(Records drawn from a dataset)
======

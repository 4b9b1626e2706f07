-- ===== src/Tree/Build/Covering.antt =====
-- tree.go: the loops of Build, by what they bring about for each member of their lists.
use mathlib.Core.List.{Memᴰ}
use mathlib.Core.List.Memᴰ
use repo_man.Tree.Build.{each}
use repo_man.Tree.Build.Cells.{Holds}
use repo_man.Tree.Build.Naming.{map-Holds}
use repo_man.Base.{◌≡◌, refl, sym, subst, ◌⊎◌, inl, inr, List, [], ◌∷◌, Option, none, some}

-- The members of a list stand apart, each from those after it.
abbrev pub Apart : {A : Type 0} → (A → A → Type 0) → List A → Type 0
Apart R [] = Unit
Apart {A = A} R (x ∷ xs) = ((y : A) → Memᴰ y xs → R x y) × Apart R xs

-- A loop whose step for a member brings about Q of it, and keeps Q of those that stand apart.
module _ {A S : Type 0} (P : S → Type 0) (Q : A → S → Type 0) (R : A → A → Type 0)
    (f : A → S → Option S) where
  abbrev pub Stepped : A → S → S → Type 0
  Stepped x s s' = P s' × Q x s' × ((y : A) → R y x → Q y s → Q y s')

  abbrev pub Covered : List A → S → S → Type 0
  Covered xs s s' =
      P s'
      × ((x : A) → Memᴰ x xs → Q x s')
      × ((y : A) → ((x : A) → Memᴰ x xs → R y x) → Q y s → Q y s')

  module _ (step : (x : A) (s : S) → P s → Holds (Stepped x s) (f x s)) where
    each-none : (T : S → Type 0) (xs : List A) → Holds T (each f xs none)
    each-none T [] = tt
    each-none T (x ∷ xs) = tt

    Covered-cons :
        (x : A) (xs : List A) (s s₁ s₂ : S)
        → ((y : A) → Memᴰ y xs → R x y)
        → Stepped x s s₁
        → Covered xs s₁ s₂
        → Covered (x ∷ xs) s s₂
    Covered-cons x xs s s₁ s₂ a t c = (
      c.0,
      (λ y m. member y (Memᴰ.cases_cons m)),
      λ y r q. c.2 y (λ z m. r z (Memᴰ.tail m)) (t.2 y (r x (Memᴰ.head refl)) q),
    )
      where
        member : (y : A) → (y ≡ x) ⊎ Memᴰ y xs → Q y s₂
        member y (inl e) = subst (λ z. Q z s₂) (sym e) (c.2 x a t.1)
        member y (inr m) = c.1 y m

    pub each-Covered :
        (xs : List A) (s : S) → Apart R xs → P s → Holds (Covered xs s) (each f xs (some s))
    each-Covered [] s a p = (p, (λ x m. absurd (Memᴰ.not-nil m)), λ y r q. q)
    each-Covered (x ∷ xs) s a p = stepped (λ s₁ p₁. each-Covered xs s₁ a.1 p₁) (f x s) (step x s p)
      where
        stepped :
            ((s₁ : S) → P s₁ → Holds (Covered xs s₁) (each f xs (some s₁)))
            → (o : Option S) → Holds (Stepped x s) o
            → Holds (Covered (x ∷ xs) s) (each f xs o)
        stepped ih none h = each-none (Covered (x ∷ xs) s) xs
        stepped ih (some s₁) h =
            map-Holds (Covered xs s₁) (Covered (x ∷ xs) s) (each f xs (some s₁))
              (λ s₂ c. Covered-cons x xs s s₁ s₂ a.0 h c) (ih s₁ h.0)
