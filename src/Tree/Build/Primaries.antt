-- ===== src/Tree/Build/Primaries.antt =====
-- tree.go: the loop of Build over the primary checkouts gives each its node.
use repo_man.Model.{Repo}
use repo_man.Model.Node.{dir, repo}
use repo_man.Tree.Build.{
  Cell, Builder, Placed, change, trim_slashes, with_repo, place, repo_placed, place_repo,
}
use repo_man.Tree.Build.Cells.{Holds}
use repo_man.Tree.Build.Store.{cell_at, change-same, change-other, length-change}
use repo_man.Tree.Build.Sound.{IsKinded, IsSound, Extends, change-IsSound}
use repo_man.Tree.Build.Growing.{Extends-lt, Leads, HasKind, place-Leads, place-HasKind}
use repo_man.Tree.Build.Naming.{IsDistinctly, NamesAs, both-Holds, place-NamesAs}
use repo_man.Tree.Build.Covering.{Stepped}
use repo_man.Base.{
  ℕ, ◌<◌, ◌≡◌, refl, ap, sym, subst, ◌∙◌, ◌≢◌, Bool, true, false, Option, none, some, Str, Dict,
  eqb, lookup, insert, lookup-insert, length, Bool-cases, ◌⊎◌, inl, inr, if◌then◌else◌,
}

-- The node of a checkout.
abbrev pub Has : Repo → Builder → Type 0
Has r b = (k : ℕ) × (c : Cell) × (cell_at k b.cells ≡ some c) × (c.info.repo ≡ some r)

pub extended : (r : Repo) (b b' : Builder) → Extends b b' → Has r b → Has r b'
extended r b b' e (k, c, at, q) = let (c', at', same) = e.cells k c at in (k, c', at', same ∙ q)

-- The node of a primary checkout, found under its path.
abbrev pub PlacedAt : Repo → Builder → Type 0
PlacedAt r b =
    (k : ℕ) × (lookup (trim_slashes r.rel) b.nodes ≡ some k)
    × (c : Cell) × (cell_at k b.cells ≡ some c)
    × (c.info.repo ≡ some r)

abbrev pub Places : Builder → Dict ℕ → Type 0
Places b paths = (q : Str) (k : ℕ) → lookup q paths ≡ some k → k < length b.cells

abbrev pub IsBuilt : Builder → Type 0
IsBuilt b = IsSound b × IsDistinctly b

abbrev pub IsPlaced : Placed → Type 0
IsPlaced (b, paths) = IsBuilt b × Places b paths

-- Two checkouts that are primary have different paths.
abbrev pub AreApart : Repo → Repo → Type 0
AreApart r s =
    r.is_worktree ≡ false → s.is_worktree ≡ false → trim_slashes r.rel ≢ trim_slashes s.rel

abbrev pub IsListed : Repo → Placed → Type 0
IsListed r (b, paths) = r.is_worktree ≡ false → PlacedAt r b

-- What place returns for a checkout.
abbrev Found : Str → Builder → ℕ × Builder → Type 0
Found rel b₀ s = Leads b₀ s × (HasKind repo s × NamesAs rel b₀ s)

repo_not_dir : repo ≢ dir
repo_not_dir e = cc

place_repo-Found :
    (r : Repo) (b : Builder) → IsBuilt b → Holds (Found (trim_slashes r.rel) b) (place r.rel repo b)
place_repo-Found r b (s, d) =
    both-Holds (Leads b) (λ t. HasKind repo t × NamesAs (trim_slashes r.rel) b t)
      (place r.rel repo b) (place-Leads r.rel repo b repo_not_dir s)
      (both-Holds (HasKind repo) (NamesAs (trim_slashes r.rel) b) (place r.rel repo b)
        (place-HasKind r.rel repo b s) (place-NamesAs r.rel repo b s d))

pub if-cases :
    {S : Type 0} (T : S → Type 0) (c : Bool) (x y : Option S)
    → (c ≡ true → Holds T x)
    → (c ≡ false → Holds T y)
    → Holds T (if c then x else y)
if-cases T true x y h k = h refl
if-cases T false x y h k = k refl

abbrev with_checkout : Repo → ℕ → Builder → Builder
with_checkout r id b = record b { cells = change id (with_repo r) b.cells }

checkout-IsKinded :
    (r : Repo) (id : ℕ) (b : Builder)
    → HasKind repo (id, b)
    → (c : Cell) → cell_at id b.cells ≡ some c
    → IsKinded (with_repo r c).info
checkout-IsKinded r id b (c', at', kind) c at s q e =
    let same : some c' ≡ some c = sym at' ∙ at in
    let d : c' ≡ c = cc in repo_not_dir (sym kind ∙ ap (λ (x : Cell). x.info.kind) d ∙ e)

checkout_stays :
    (r y : Repo) (id : ℕ) (b b₁ : Builder)
    → Found (trim_slashes r.rel) b (id, b₁)
    → trim_slashes y.rel ≢ trim_slashes r.rel
    → PlacedAt y b
    → PlacedAt y (with_checkout r id b₁)
checkout_stays r y id b b₁ ((l, g), (t, (named, found))) apart (k, at_k, c, at, e) =
    let (c', at', same) = g.extends.cells k c at in
    let here : lookup (trim_slashes y.rel) b₁.nodes ≡ some k = named.grows _ k at_k in
    let other : id ≢ k = λ q. apart (named.distinct _ _ k here (found ∙ ap some q)) in
    (k, here, c', change-other id k (with_repo r) b₁.cells other ∙ at', same ∙ e)

checkout-Places :
    (r : Repo) (id : ℕ) (b b₁ : Builder) (paths : Dict ℕ)
    → Leads b (id, b₁)
    → Places b paths
    → Places (with_checkout r id b₁) (insert r.path id paths)
checkout-Places r id b b₁ paths (l, g) p q k h =
    let len = length-change id (with_repo r) b₁.cells in
    subst (λ n. k < n) (sym len) (within (Bool-cases (eqb r.path q)))
  where
    within : (eqb r.path q ≡ true) ⊎ (eqb r.path q ≡ false) → k < length b₁.cells
    within (inl y) =
        let a : lookup q (insert r.path id paths)
            ≡ (if eqb r.path q then some id else lookup q paths) =
          lookup-insert r.path q id paths in
        let f : lookup q (insert r.path id paths) ≡ some id = rw y at a in
        let e : some id ≡ some k = sym f ∙ h in
        let same : id ≡ k = cc in subst (λ n. n < length b₁.cells) same l
    within (inr n) =
        let a : lookup q (insert r.path id paths)
            ≡ (if eqb r.path q then some id else lookup q paths) =
          lookup-insert r.path q id paths in
        let f : lookup q (insert r.path id paths) ≡ lookup q paths = rw n at a in
        let e : lookup q paths ≡ some k = sym f ∙ h in Extends-lt b b₁ k g.extends (p q k e)

repo_placed-Stepped :
    (r : Repo) (b : Builder) (paths : Dict ℕ) (o : Option (ℕ × Builder))
    → r.is_worktree ≡ false
    → Places b paths
    → Holds (Found (trim_slashes r.rel) b) o
    → Holds (Stepped IsPlaced IsListed AreApart (place_repo) r (b, paths)) (repo_placed r paths o)
repo_placed-Stepped r b paths none w p h = tt
repo_placed-Stepped r b paths (some (id, b₁)) w p ((l, g), (t, (named, found))) =
    let (c, at, kind) = t in
    (
      (
        (
          change-IsSound id (with_repo r) (λ c. refl) b₁
              (λ d at_d k. checkout-IsKinded r id b₁ t d at_d) g.sound,
          named.distinct,
        ),
        checkout-Places r id b b₁ paths (l, g) p,
      ),
      (λ e. (id, found, with_repo r c, change-same id (with_repo r) b₁.cells c at, refl)),
      λ y apart q e. checkout_stays r y id b b₁ ((l, g), (t, (named, found))) (apart e w) (q e),
    )

pub place_repo-Stepped :
    (r : Repo) (p : Placed)
    → IsPlaced p
    → Holds (Stepped IsPlaced IsListed AreApart place_repo r p) (place_repo r p)
unfolding place_repo
place_repo-Stepped r (b, paths) i =
    if-cases (Stepped IsPlaced IsListed AreApart place_repo r (b, paths)) r.is_worktree
      (some (b, paths)) _ (λ w. (i, (λ e. absurd (cc (w, e))), λ y a q. q))
      (λ w. repo_placed-Stepped r b paths (place r.rel repo b) w i.1 (place_repo-Found r b i.0))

======

(What is expected): Among the lines above, which ones include the word "true"? Copy them.

(Output of the task):
  ℕ, ◌<◌, ◌≡◌, refl, ap, sym, subst, ◌∙◌, ◌≢◌, Bool, true, false, Option, none, some, Str, Dict,
    → (c ≡ true → Holds T x)
if-cases T true x y h k = h refl
    within : (eqb r.path q ≡ true) ⊎ (eqb r.path q ≡ false) → k < length b₁.cells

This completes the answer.